Support & Services for Seniors

With an aging population, ensuring that senior Vermonters are able to live healthy, independent lives is certainly a legislative priority. This session, many bills included provisions specifically designed to assist seniors with healthcare, community services, and financial stability. Below are a few highlights.

Community Services. My first budget priority was ensuring that our local designated mental health, disability service agencies, and home health service agencies like Addison County Home Health and Hospice received an increase in state funding. We were able to provide an 8%, or $26.6 million, increase in funding to these crucial community service providers statewide. This funding has enabled these agencies to increase salaries and shore-up services to enable more seniors to remain in their homes. In addition, we provided $1.5 million to adult day care programs, including Elderly Services in Middlebury, to help them continue to recover from pandemic closures and disruption.

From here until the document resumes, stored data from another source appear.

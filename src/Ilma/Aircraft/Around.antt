-- ===== src/Ilma/Aircraft/Around.antt =====
-- What `aircraftAround` gives.
use fintraffic.Base.{◌≡◌, refl, ◌∙◌, Bool, ◌&&◌, List, [], ◌∷◌, arith, count, keep, map}
use fintraffic.Base.Number.{Number, IsOrdered}
use fintraffic.Shared.Sort.Order.{IsSorted, sort-IsSorted, count-sort}
use fintraffic.Shared.Geo.{Trig}
use fintraffic.Ilma.Aircraft.{
  Airport, Aircraft, aircraft_around, low_over, km_from, airport_radius_km,
}

module _ {A : Type 0} (n : Number A) (o : IsOrdered n) (trig : Trig A) (airport : Airport A) where
  -- An aircraft that is low over the airport, within the radius, and passes a test with its distance.
  abbrev pub listed : (Aircraft A × A → Bool) → Aircraft A → Bool
  listed p a =
      low_over n airport a
      && (n.le (km_from n trig airport a) (airport_radius_km n) && p (a, km_from n trig airport a))

  -- The list before it is sorted.
  abbrev chosen : List (Aircraft A) → List (Aircraft A × A)
  chosen aircraft =
      keep (λ x. n.le x.1 (airport_radius_km n))
        (map (λ a. (a, km_from n trig airport a)) (keep (low_over n airport) aircraft))

  count-chain :
      (p : Aircraft A × A → Bool) (aircraft : List (Aircraft A))
      → count p (chosen aircraft) ≡ count (listed p) aircraft
  count-chain p [] = refl
  count-chain p (a ∷ aircraft) = ground (arith, count-chain p aircraft)

  -- Of any kind of aircraft and distance, `aircraftAround` lists as many as there are aircraft of
  -- that kind which are on the ground or below the ceiling over the airport, and at most the radius
  -- away, each with its distance; and it lists them nearest first.
  pub aircraft_around_lem :
      (aircraft : List (Aircraft A))
      → ((p : Aircraft A × A → Bool)
          → count p (aircraft_around n trig airport aircraft) ≡ count (listed p) aircraft)
        × IsSorted (λ x y. n.le x.1 y.1) (aircraft_around n trig airport aircraft)
  unfolding aircraft_around
  aircraft_around_lem aircraft = (
    λ p. count-sort (λ x y. n.le x.1 y.1) p (chosen aircraft) ∙ count-chain p aircraft,
    sort-IsSorted (λ x y. n.le x.1 y.1)
        (λ x y e. ground (arith, o.lt_not_le y.1 x.1, o.lt_le y.1 x.1, e))
        (λ x y z. o.le_trans x.1 y.1 z.1) (chosen aircraft),
  )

Fair Taxation. The increase in state revenues during the pandemic allowed us to provide $40 million in targeted tax relief to Vermonters who need it the most, including seniors and retirees. The package enhances the financial stability of seniors and vulnerable adults with a more generous Social Security tax exemption for retired Vermonters, added military and federal employee retirement tax exemptions, increased support for vulnerable seniors, blind, and disabled Vermonters, and an expanded tax credit for families with eligible vulnerable adult or eldercare expenses.

Care and Support for People with Alzheimer’s Disease. In 2020, an estimated 13,000 Vermonters aged 65 and older were living with Alzheimer’s Disease and Related Dementia, a figure that’s expected to grow by 30% by 2025. In addition, in 2020, 25,000 Vermonters were caring for people living with Alzheimer’s, most of them unpaid family members, totaling about 36 million unpaid hours of care with a value of $717 million. This session, I championed S.206/Act 113 that expands support, planning, and services for people with this devastating disease and those who care for them.

Access to Medicare. Applying for appropriate Medicare coverage can be confusing and frustrating for seniors, particularly as private insurance companies have capitalized on providing alternative or supplemental Medicare programs. To better assist and protect seniors with sorting out options, we passed Act 99/S.239 which requires the Department of Financial Regulation to collaborate with health insurers, advocates for older Vermonters and other Medicare-eligible adults, and the Office of the Health Care Advocate to educate the public about the benefits and limitations of Medicare supplemental insurance policies and Medicare Advantage plans. It also directs the Department to convene a group of interested stakeholders to consider issues relating to Medicare Advantage plans and Medicare supplemental coverage and to report to the legislature with recommendations for improvements by January 15, 2023.

Medical Aid in Dying. In 2013, the Vermont Legislature took the historic step of being the first legislative body in the country to pass a bill to permit people diagnosed with a terminal illness to request regulated medical assistance to hasten their own death. Since then, approximately 120 Vermonters with a terminal illness, most of them seniors, have taken advantage of the law. This session, we passed S.74/Act 97 to update the law to permit clinically-appropriate telehealth access, improve liability concerns, and ease end-stage barriers to accessing medication.